Configuring Address Randomization and Kernel Address Stack in Compilation Options
To ensure memory address protection during program running, you are advised to enable address randomization (randomize_va_space, for example, using the echo 2 >\proc\sys\kernel\randomize_va_space command) and kernel address space protection by using kernel address space layout randomization (KASLR), PAX, Supervisor Mode Access Prevention (SMAP), or Supervisor Mode Execution Prevention (SMEP) in compilation options.
Updating Keys
The OmniShuffle service needs to be restarted after keys are updated. Properly plan the key update period.
Use kmc_tool to periodically update keys.
- --updateMK: updates all master keys.
Command format: ./kmc_tool all --updateMK
- Update the keytab and whitelist.
Importing a CRL
After a CRL file is generated, you can specify its path in the configuration file to complete the configuration.

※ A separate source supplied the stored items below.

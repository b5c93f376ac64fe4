-- ===== src/Api/ListQuery.antt =====
-- internal/api/requests.go and tokens.go: the parameters of the lists. A query parameter that is not
-- given is the empty text; `atoi` is strconv.Atoi and `parse_time` time.Parse of RFC 3339, `none` for an
-- error.
use hookwatch.Header.{get}
use hookwatch.Models.{Time}
use hookwatch.Prelude.{
  Option, Result, String, err, if◌then◌else◌, ltb, nat_eq, negsuc, none, not, ok, or_else, pos,
  some, string_eq, trim_space, ℕ, ℤ, ◌*◌, ◌+◌, ◌-◌, ◌/◌, ◌==◌, ◌||◌,
}
use hookwatch.Store.Listing.{ListParams}
use hookwatch.Store.RequestLists.{RequestListParams}
use hookwatch.Worker.Forward.{wrap_int64}

pub record ListLibs : Type 0 where
  pub atoi : String → Option ℤ
  pub parse_time : String → Option Time

-- firstNonEmpty of two
unfoldable pub first_non_empty : String → String → String
first_non_empty a b =
    if not (trim_space a == "") then a else if not (trim_space b == "") then b else ""

-- requestListQuery; Limit is the same as PerPage.
pub record RequestListQuery : Type 0 where
  pub page : ℕ
  pub per_page : ℕ
  pub offset : ℤ
  pub sort_by : String
  pub order : String
  pub method : String
  pub ip : String
  pub search : String
  pub since : Time
  pub until : Time

-- A size of a page that is given: 0 means the default, and 100 is the greatest.
unfoldable pub page_size : String → ℕ → Option ℤ → Result String ℕ
page_size message default none = err message
page_size message default (some (negsuc n)) = err message
page_size message default (some (pos n)) =
    ok (if n == 0 then default else if ltb 100 n then 100 else n)

unfoldable pub per_page_of : ListLibs → String → Result String ℕ
unfolding page_size
per_page_of lib raw = if raw == "" then ok 50 else page_size "invalid per_page" 50 (lib.atoi raw)

unfoldable pub page_number : Option ℤ → Result String ℕ
page_number none = err "invalid page"
page_number (some (negsuc n)) = err "invalid page"
page_number (some (pos n)) = if n == 0 then err "invalid page" else ok n

unfoldable pub page_of : ListLibs → String → Result String ℕ
unfolding page_number
page_of lib raw = if raw == "" then ok 1 else page_number (lib.atoi raw)

-- The offset (page - 1) * perPage is a 64-bit product; an offset that is given decides the page.
unfoldable pub offset_number : ℕ → Option ℤ → Result String (ℕ × ℤ)
offset_number per_page none = err "invalid offset"
offset_number per_page (some (negsuc n)) = err "invalid offset"
offset_number per_page (some (pos n)) = ok (n / per_page + 1, pos n)

unfoldable pub offset_of : ListLibs → String → ℕ → ℕ → Result String (ℕ × ℤ)
unfolding offset_number
offset_of lib raw page per_page =
    if raw == ""
    then ok (page, wrap_int64 ((page - 1) * per_page))
    else offset_number per_page (lib.atoi raw)

unfoldable pub time_of : ListLibs → String → String → Result String Time
time_of lib message raw =
    if raw == "" then ok 0 else elim (lib.parse_time raw) [ none ↦ err message | some t ↦ ok t ]

abbrev pub or_default : String → String → String
or_default s default = if s == "" then default else s

-- The steps of a parser that stops at the first error.
abbrev pub and_with :
    {A : Type 0} {B : Type 0} → Result String A → (A → Result String B) → Result String B
and_with (err e) f = err e
and_with (ok a) f = f a

-- parseRequestListQuery; `get` is r.URL.Query().Get.
unfoldable pub parse_request_list_query :
    ListLibs → (String → String) → Result String RequestListQuery
unfolding per_page_of page_of offset_of time_of first_non_empty
parse_request_list_query lib get =
    and_with (per_page_of lib (trim_space (first_non_empty (get "per_page") (get "limit"))))
      (λ per_page. and_with (page_of lib (trim_space (get "page"))) (λ page.
        and_with (offset_of lib (trim_space (get "offset")) page per_page) (λ place.
          and_with (time_of lib "invalid since: must be RFC3339 format" (trim_space (get "since")))
            (λ since.
              and_with
                (time_of lib "invalid until: must be RFC3339 format" (trim_space (get "until")))
                (λ until. ok record {
                  page = place.0;
                  per_page = per_page;
                  offset = place.1;
                  sort_by =
                      or_default (trim_space (first_non_empty (get "sort") (get "sort_by")))
                        "created_at";
                  order = or_default (trim_space (get "order")) "desc";
                  method = trim_space (get "method");
                  ip = trim_space (get "ip");
                  search = trim_space (get "search");
                  since = since;
                  until = until;
                })))))

-- totalPages
unfoldable pub total_pages : ℕ → ℕ → ℕ
total_pages total per_page =
    if total == 0 || per_page == 0 then 0 else (total + per_page - 1) / per_page

unfoldable pub offset_value : Option ℤ → Result String ℕ
offset_value none = err "invalid offset"
offset_value (some (negsuc n)) = err "invalid offset"
offset_value (some (pos n)) = ok n

-- parseTokenListParams
unfoldable pub parse_token_list_params : ListLibs → (String → String) → Result String ListParams
unfolding page_size offset_value
parse_token_list_params lib get =
    and_with
      (if trim_space (get "limit") == ""
        then ok 20
        else page_size "invalid limit" 20 (lib.atoi (trim_space (get "limit"))))
      (λ limit.
        and_with
          (if trim_space (get "offset") == ""
            then ok 0
            else offset_value (lib.atoi (trim_space (get "offset"))))
          (λ offset. ok record {
            limit = pos limit;
            offset = pos offset;
            sort_by = or_default (trim_space (get "sort_by")) "created_at";
            order = or_default (trim_space (get "order")) "desc";
          }))

-- parseExportFilterParams: a time that does not parse is ignored.
abbrev lenient_time : ListLibs → String → Time
lenient_time lib raw = if raw == "" then 0 else or_else (lib.parse_time raw) 0

unfoldable pub parse_export_filter_params : ListLibs → (String → String) → RequestListParams
parse_export_filter_params lib get = record {
  limit = pos 0;
  offset = pos 0;
  sort_by = "";
  order = "";
  method = get "method";
  ip = get "ip";
  search = get "search";
  since = lenient_time lib (get "since");
  until = lenient_time lib (get "until");
}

After the configuration is complete, restart the OCKD process for the CRL to take effect.

Restricting Access from IP Addresses Outside the Cluster
To prevent DoS attacks outside the cluster, you are advised to configure the cluster firewall to restrict the access from IP addresses outside the cluster.

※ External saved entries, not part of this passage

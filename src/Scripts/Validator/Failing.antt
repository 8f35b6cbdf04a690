-- ===== src/Scripts/Validator/Failing.antt =====
-- What a failing round leaves behind (`one_round`, scripts/run_validator.py).
use sentinel_subnet.Attestation.{Crypto}
use sentinel_subnet.SevSnp.Certs.{Pki}
use sentinel_subnet.SevSnp.Verifier.{Kds}
use sentinel_subnet.Validating.Floats.{Floats}
use sentinel_subnet.Validating.Evaluator.{Decoders, MinerEvaluator}
use sentinel_subnet.Validating.Round.{evaluate_round}
use sentinel_subnet.Validating.Weights.{
  ByUid, Intent, set_weights, set_weights_intent, to_uids_and_weights, weights_from,
}
use sentinel_subnet.Registry.{Readers, RegistryError}
use sentinel_subnet.Registry.Source.{RegistrySource, approved_at, promote, refresh, save_cache}
use sentinel_subnet.Registry.Source.Switch.{current-kept}
use sentinel_subnet.Registry.Source.Refresh.{refresh_keeps}
use sentinel_subnet.Chain.Discovery.{DiscoveredMiner, discover_miners, has_validator_permit}
use sentinel_subnet.Scripts.Validator.{
  RoundError, Validator, ValidatorArgs, View, any_weight, approve, attempt_round, chain_error,
  challenge_miners, default_scheme, one_round, probe_raised, registry_error, score_round, submit,
  trials_from,
}
use sentinel_subnet.Base.Result.{Result-cases, err}
use sentinel_subnet.Base.Text.{Text}
use sentinel_subnet.Base.{
  Bool-cases, List, Option, Option-cases, [], ap, arith, inl, inr, none, refl, sym, ℕ, ◌∙◌, ◌∷◌,
  ◌≡◌, ◌≢◌, ◌⊎◌,
}

module _ (c : Crypto) (r : Readers) where
  -- The operator's list stays.
  approved_at-fallback :
      (now block : ℕ) (s : RegistrySource) → (approved_at c r now block s).1.fallback ≡ s.fallback
  unfolding approved_at promote save_cache
  approved_at-fallback now block s =
      let kept = (current-kept c r now (promote c r block s)).2 in kept ∙ ground arith

module _ {Cert Key R W : Type 0} (k : Pki Cert Key) (kds : Kds Cert) (c : Crypto) (r : Readers)
    (d : Decoders Cert) (n : Floats) (execute : Intent n → W → Option R × W)
    (args : ValidatorArgs n) (hotkey : Text) where
  -- What no round changes: the operator's list, and how the evaluator judges but for the list in force.
  abbrev pub SameSettings : Validator n → Validator n → Type 0
  SameSettings v v' =
      (v'.source.fallback ≡ v.source.fallback)
      × (v'.evaluator
          ≡ record v.evaluator { approved_measurement = v'.evaluator.approved_measurement })

  -- The chain is as it was, or the SDK raised over the weights.
  abbrev pub Spared : RoundError → W → W → Type 0
  Spared e w w' =
      (w' ≡ w)
      ⊎ ((e ≡ chain_error) × ((i : Intent n) × ((execute i w).0 ≡ none) × (w' ≡ (execute i w).1)))

  -- A failed round. Where there is no list in force, the evaluator keeps the last one.
  pub record Failed (e : RoundError) (v v' : Validator n) (w w' : W) : Type 0 where
    pub settings : SameSettings v v'
    pub spared : Spared e w w'
    pub list_kept : (x : RegistryError) → e ≡ registry_error x → v'.evaluator ≡ v.evaluator

  submit-failed :
      (view : View n) (weights : ByUid n) (w : W) (e : RoundError)
      → (submit k kds c r d n execute args hotkey view weights w).0 ≡ err e
      → (e ≡ chain_error) × Spared e w (submit k kds c r d n execute args hotkey view weights w).1
  unfolding submit set_weights
  submit-failed view weights w e h = elim (Bool-cases (any_weight n weights)) [
    | inr nothing ↦ ground arith
    | inl earned ↦ elim (Option-cases view.permits) [
      | inl silent ↦ ground arith
      | inr (neurons, given) ↦ elim (Bool-cases (has_validator_permit hotkey neurons)) [
        | inr none_held ↦ ground arith
        | inl held ↦ elim (Bool-cases args.dry_run) [
          | inl dry ↦ ground arith
          | inr live ↦
              let i =
                set_weights_intent args.netuid (to_uids_and_weights n weights).0
                  (to_uids_and_weights n weights).1 0 in
              elim (Option-cases (execute i w).0) [
                | inl raised ↦
                    let failed : e ≡ chain_error = ground arith in
                    (failed, inr (failed, (i, raised, rw (earned, given, held, live) refl)))
                | inr (x, done) ↦ absurd (ground arith)
              ]
        ]
      ]
    ]
  ]

  score_round-failed :
      (view : View n) (judge : MinerEvaluator n) (ms : List DiscoveredMiner) (w : W)
      (e : RoundError)
      → (score_round k kds c r d n execute args hotkey view judge ms w).0 ≡ err e
      → ((x : RegistryError) → e ≢ registry_error x)
        × Spared e w (score_round k kds c r d n execute args hotkey view judge ms w).1
  unfolding score_round
  score_round-failed view judge [] w e h = cc h
  score_round-failed view judge (m ∷ ms) w e h =
      elim (Result-cases (evaluate_round k kds c d n judge (trials_from n view.meet 0 (m ∷ ms)))) [
        | inr (f, raised) ↦
            let failed : e ≡ probe_raised f = ground arith in
            (λ x is. cc (failed, is), inl (ground arith))
        | inl (outcomes, scored) ↦
            let same : score_round k kds c r d n execute args hotkey view judge (m ∷ ms) w
                ≡ submit k kds c r d n execute args hotkey view (weights_from n outcomes) w =
              rw (score_round, scored) refl in
            let (failed, spared) =
              submit-failed view (weights_from n outcomes) w e (ap (λ x. x.0) (sym same) ∙ h) in
            (λ x is. cc (failed, is), rw same spared)
      ]

  challenge_miners-same :
      (view : View n) (v : Validator n) (w : W)
      → (challenge_miners k kds c r d n execute args hotkey view v w).1 ≡ v
  unfolding challenge_miners
  challenge_miners-same view v w = elim (Option-cases view.neurons) [
    | inl away ↦ rw (challenge_miners, away) refl
    | inr (neurons, seen) ↦ rw (challenge_miners, seen) refl
  ]

  challenge_miners-failed :
      (view : View n) (v : Validator n) (w : W) (e : RoundError)
      → (challenge_miners k kds c r d n execute args hotkey view v w).0 ≡ err e
      → ((x : RegistryError) → e ≢ registry_error x)
        × Spared e w (challenge_miners k kds c r d n execute args hotkey view v w).2
  unfolding challenge_miners
  challenge_miners-failed view v w e h = elim (Option-cases view.neurons) [
    | inl away ↦
        let failed : e ≡ chain_error = ground arith in (λ x is. cc (failed, is), inl (ground arith))
    | inr (neurons, seen) ↦
        let ms = discover_miners (hotkey ∷ []) default_scheme neurons in
        let same : challenge_miners k kds c r d n execute args hotkey view v w ≡ (
          (score_round k kds c r d n execute args hotkey view v.evaluator ms w).0,
          v,
          (score_round k kds c r d n execute args hotkey view v.evaluator ms w).1,
        ) =
          rw (challenge_miners, seen) refl in
        let (other, spared) =
          score_round-failed view v.evaluator ms w e (ap (λ x. x.0) (sym same) ∙ h) in
        (other, rw same spared)
  ]

  one_round-settings :
      (view : View n) (v : Validator n) (w : W)
      → SameSettings v (one_round k kds c r d n execute args hotkey view v w).1
  unfolding one_round approve
  one_round-settings view v w = elim (Option-cases view.block) [
    | inl silent ↦ rw (one_round, silent) (refl, refl)
    | inr (block, read) ↦
        let source = (refresh c r view.refreshed_at view.server view.found v.source).1 in
        let kept = (refresh_keeps c r view.refreshed_at view.server view.found v.source).1 in
        let also = approved_at-fallback c r view.asked_at block source ∙ kept in
        elim (Result-cases (refresh c r view.refreshed_at view.server view.found v.source).0) [
          | inr (e, failed) ↦ rw (one_round, read, failed) (kept, refl)
          | inl (changed, refreshed) ↦
              elim (Result-cases (approved_at c r view.asked_at block source).0) [
                | inr (e, denied) ↦ rw (one_round, read, refreshed, approve, denied) (also, refl)
                | inl (approved, in_force) ↦
                    rw (one_round, read, refreshed, approve, in_force, challenge_miners-same)
                      (also, refl)
              ]
        ]
  ]

  one_round-failed :
      (view : View n) (v : Validator n) (w : W) (e : RoundError)
      → (one_round k kds c r d n execute args hotkey view v w).0 ≡ err e
      → Spared e w (one_round k kds c r d n execute args hotkey view v w).2
        × ((x : RegistryError)
            → e ≡ registry_error x
            → (one_round k kds c r d n execute args hotkey view v w).1.evaluator ≡ v.evaluator)
  unfolding one_round approve
  one_round-failed view v w e h = elim (Option-cases view.block) [
    | inl silent ↦ rw (one_round, silent) (inl refl, λ x is. refl)
    | inr (block, read) ↦
        let source = (refresh c r view.refreshed_at view.server view.found v.source).1 in
        elim (Result-cases (refresh c r view.refreshed_at view.server view.found v.source).0) [
          | inr (f, failed) ↦ rw (one_round, read, failed) (inl refl, λ x is. refl)
          | inl (changed, refreshed) ↦
              elim (Result-cases (approved_at c r view.asked_at block source).0) [
                | inr (f, denied) ↦
                    rw (one_round, read, refreshed, approve, denied) (inl refl, λ x is. refl)
                | inl (approved, in_force) ↦
                    let next : Validator n = record {
                      source = (approved_at c r view.asked_at block source).1;
                      evaluator = record v.evaluator { approved_measurement = approved };
                    } in
                    let same : one_round k kds c r d n execute args hotkey view v w
                        ≡ challenge_miners k kds c r d n execute args hotkey view next w =
                      rw (one_round, read, refreshed, approve, in_force) refl in
                    let (other, spared) =
                      challenge_miners-failed view next w e (ap (λ x. x.0) (sym same) ∙ h) in
                    rw same (spared, λ x is. absurd (other x is))
              ]
        ]
  ]

  pub attempt_round-Failed :
      (view : View n) (v : Validator n) (w : W) (e : RoundError)
      → (attempt_round k kds c r d n execute args hotkey view v w).0 ≡ err e
      → Failed e v
          (attempt_round k kds c r d n execute args hotkey view v w).1
          w
          (attempt_round k kds c r d n execute args hotkey view v w).2
  unfolding attempt_round
  attempt_round-Failed view v w e h = elim (Bool-cases view.connects) [
    | inr away ↦
        let failed : e ≡ chain_error = ground arith in
        rw (attempt_round, away)
          (record { settings = (refl, refl); spared = inl refl; list_kept = λ x is. refl })
    | inl up ↦
        let same : attempt_round k kds c r d n execute args hotkey view v w
            ≡ one_round k kds c r d n execute args hotkey view v w =
          rw (attempt_round, up) refl in
        let (spared, list_kept) = one_round-failed view v w e (ap (λ x. x.0) (sym same) ∙ h) in
        rw same (record {
          settings = one_round-settings view v w;
          spared = spared;
          list_kept = list_kept;
        })
  ]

A big data cluster environment typically has multiple NICs, which are used for the service network (for high-bandwidth data transmission) and the management network (for cluster management with lower bandwidth). You are advised to bind the OmniShuffle monitoring ports to the service network and configure the service network of each node to receive only packets from the network segments in the cluster on the firewall to defend against DoS attacks from outside the cluster.
This document uses the typical networking of the primary node and compute nodes (secondary 01, secondary 02, and secondary 03) as an example. Each node has two NICs: 10GE NIC A (management network segment 90.90.1.*) and 100GE NIC B (192.168.1.*). In this case, you can do as follows to mitigate DoS attacks from outside the service cluster.

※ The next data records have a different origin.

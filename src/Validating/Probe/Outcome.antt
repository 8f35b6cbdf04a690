-- ===== src/Validating/Probe/Outcome.antt =====
-- What a probe's outcome says, and when it raises (sentinel/validating/evaluator.py).
use sentinel_subnet.Attestation.{AttestationReport, Crypto, bind_response, value_error, verify}
use sentinel_subnet.SevSnp.Certs.{Pki}
use sentinel_subnet.SevSnp.Verifier.{Kds}
use sentinel_subnet.Validating.Floats.{Floats}
use sentinel_subnet.Validating.Scoring.{latency_score}
use sentinel_subnet.Validating.Evaluator.{
  ChallengeOutcome, Decoders, Health, Miner, MinerEvaluator, MinerResponse, MinerTarget,
}
use sentinel_subnet.Validating.Probe.{
  assess, is_sevsnp, judged, lacks_key, probe, probe_id, verify_answer,
}
use sentinel_subnet.Base.Result.{Result-cases, err, map_err, ok}
use sentinel_subnet.Base.Text.{Text, truthy}
use sentinel_subnet.Base.{
  Bool-cases, Option-cases, [], arith, false, given_or, inl, inr, is_some, none, some, true, ◌≡◌,
}

-- An outcome that is verified, or has no points for attestation and a reason.
pub record IsSettled (n : Floats) (o : ChallengeOutcome n) : Type 0 where
  pub proved : o.verified ≡ true → (o.scores.attestation ≡ n.one) × (o.error ≡ none)
  pub unproved : o.verified ≡ false → (o.scores.attestation ≡ n.zero) × (is_some o.error ≡ true)

module _ {Cert Key : Type 0} (k : Pki Cert Key) (kds : Kds Cert) (c : Crypto) (d : Decoders Cert)
    (n : Floats) (e : MinerEvaluator n) where
  assess-IsSettled :
      (t : MinerTarget) (health : Health) (nonce : Text) (r : MinerResponse n)
      (o : ChallengeOutcome n)
      → assess k kds c d n e t health nonce r ≡ ok o
      → (o.uid ≡ t.uid) × (o.hotkey_ss58 ≡ t.hotkey_ss58) × IsSettled n o
  unfolding assess
  assess-IsSettled t health nonce r o h = ground arith

  -- Every outcome names its target, and is verified with full points for attestation or is
  -- unverified with none and a reason.
  pub probe-IsSettled :
      (t : MinerTarget) (nonce : Text) (miner : Miner n) (o : ChallengeOutcome n)
      → probe k kds c d n e t nonce miner ≡ ok o
      → (o.uid ≡ t.uid) × (o.hotkey_ss58 ≡ t.hotkey_ss58) × IsSettled n o
  unfolding probe
  probe-IsSettled t nonce miner o h = elim (Option-cases miner.health) [
    | inl silent ↦ ground arith
    | inr (health, up) ↦ elim (Bool-cases (lacks_key health)) [
      | inl no_key ↦ ground arith
      | inr keyed ↦ elim (Option-cases (miner.call nonce (probe_id nonce))) [
        | inl failed ↦ ground arith
        | inr (r, came) ↦ ground (arith, assess-IsSettled t health nonce r o)
      ]
    ]
  ]

  -- The report that a miner's answer carries, and that it was accepted for this probe.
  pub record Proved (nonce : Text) (miner : Miner n) (o : ChallengeOutcome n) : Type 0 where
    pub health : Health
    pub up : miner.health ≡ some health
    pub response : MinerResponse n
    pub came : miner.call nonce (probe_id nonce) ≡ some response
    pub report : AttestationReport
    pub carried : response.attestation ≡ some report
    pub hash_kept : o.response_hash ≡ response.response_hash
    pub accepted :
        verify_answer k kds c d n e health report nonce
          (bind_response c (probe_id nonce) (given_or response.response_hash []))
        ≡ ok tt

  assess-Proved :
      (t : MinerTarget) (health : Health) (nonce : Text) (miner : Miner n) (r : MinerResponse n)
      (o : ChallengeOutcome n)
      → miner.health ≡ some health
      → miner.call nonce (probe_id nonce) ≡ some r
      → assess k kds c d n e t health nonce r ≡ ok o
      → o.verified ≡ true
      → Proved nonce miner o
  unfolding assess
  assess-Proved t health nonce miner r o up came h v = elim (Option-cases r.attestation) [
    | inl missing ↦ absurd (ground arith)
    | inr (report, carried) ↦ record {
      health = health;
      up = up;
      response = r;
      came = came;
      report = report;
      carried = carried;
      hash_kept = ground arith;
      accepted = ground arith;
    }
  ]

  -- A verified outcome rests on a report that the miner sent, that was accepted for the nonce that
  -- the validator drew and for the response hash that the outcome votes with.
  pub probe-Proved :
      (t : MinerTarget) (nonce : Text) (miner : Miner n) (o : ChallengeOutcome n)
      → probe k kds c d n e t nonce miner ≡ ok o
      → o.verified ≡ true
      → Proved nonce miner o
  unfolding probe
  probe-Proved t nonce miner o h v = elim (Option-cases miner.health) [
    | inl silent ↦ absurd (ground arith)
    | inr (health, up) ↦ elim (Bool-cases (lacks_key health)) [
      | inl no_key ↦ absurd (ground arith)
      | inr keyed ↦ elim (Option-cases (miner.call nonce (probe_id nonce))) [
        | inl failed ↦ absurd (ground arith)
        | inr (r, came) ↦ assess-Proved t health nonce miner r o up came (ground arith) v
      ]
    ]
  ]

  -- The answer of a keyed mock miner whose key is none is not verified but raises.
  verify_answer-bad_key :
      (health : Health) (report : AttestationReport) (nonce binding key : Text)
      → is_sevsnp health ≡ false
      → truthy health.public_key ≡ some key
      → c.is_key key ≡ false
      → verify_answer k kds c d n e health report nonce binding ≡ err value_error
  unfolding verify_answer truthy verify
  verify_answer-bad_key health report nonce binding key soft keyed unreadable =
      elim (Option-cases health.public_key) [
        | inl missing ↦ absurd (ground arith)
        | inr (text, given) ↦ ground arith
      ]

  assess-raises :
      (t : MinerTarget) (health : Health) (nonce : Text) (r : MinerResponse n)
      (report : AttestationReport)
      → r.attestation ≡ some report
      → ((binding : Text)
          → verify_answer k kds c d n e health report nonce binding ≡ err value_error)
      → assess k kds c d n e t health nonce r ≡ err value_error
  unfolding assess judged
  assess-raises t health nonce r report carried raises =
      elim (Result-cases (
        map_err (λ _. value_error)
          (latency_score n r.latency_ms e.latency_target_ms e.latency_ceiling_ms))) [
            | inl (l, ok_l) ↦
                ground
                  (arith, raises (bind_response c (probe_id nonce) (given_or r.response_hash [])))
            | inr (f, bad) ↦ ground arith
          ]

  -- A miner that calls itself a mock and advertises a text that is no key makes the probe raise:
  -- its answer is well formed, and the exception is none that the probe catches.
  pub bad_key_raises :
      (t : MinerTarget) (nonce key : Text) (health : Health) (miner : Miner n) (r : MinerResponse n)
      (report : AttestationReport)
      → miner.health ≡ some health
      → is_sevsnp health ≡ false
      → truthy health.public_key ≡ some key
      → c.is_key key ≡ false
      → miner.call nonce (probe_id nonce) ≡ some r
      → r.attestation ≡ some report
      → probe k kds c d n e t nonce miner ≡ err value_error
  unfolding probe lacks_key
  bad_key_raises t nonce key health miner r report up soft keyed unreadable came carried =
      let raises : assess k kds c d n e t health nonce r ≡ err value_error =
        assess-raises t health nonce r report carried (λ binding.
          verify_answer-bad_key health report nonce binding key soft keyed unreadable) in
      ground arith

- Ensure that the OmniShuffle network communication is implemented through NIC B on each node.
Set ock.ucache.rpc.transport.devices in the ock.conf file to the device name of NIC B.
- Configure the following firewall policy for each node.
Set iptables or ACL rules to allow the service network segment of the node to receive only packets from the service network segment 192.168.1.* of NIC B.
Configuring a Kerberos Authentication Ticket
Both the OmniShuffle service and ZooKeeper authentication are implemented through Kerberos. To prevent spoofing caused by replay attacks in Kerberos authentication, you are advised to set the validity period of the identity authentication ticket as short as possible.
Recommended Environment Variable Configuration
In Recommended Configuration of HCOM Environment Variables, the default values of environment variables such as UCX_TCP_TX_MAX_BUFS, UCX_TCP_RX_MAX_BUFS, UCX_RC_VERBS_TX_MAX_BUFS, UCX_RC_VERBS_RX_MAX_BUFS, UCX_RC_MLX5_TX_MAX_BUFS, and UCX_RC_MLX5_RX_MAX_BUFS are -1, indicating that there is no upper limit on the memory used by the underlying communication library UCX. To prevent service unavailability caused by excessive memory usage, you are advised to set the maximum number to 131072 (that is, when the size of a single buffer is 8 KB, the maximum size of the buffer pool is 1 GB). You can set the environment variables based on the memory configuration and service traffic of your server.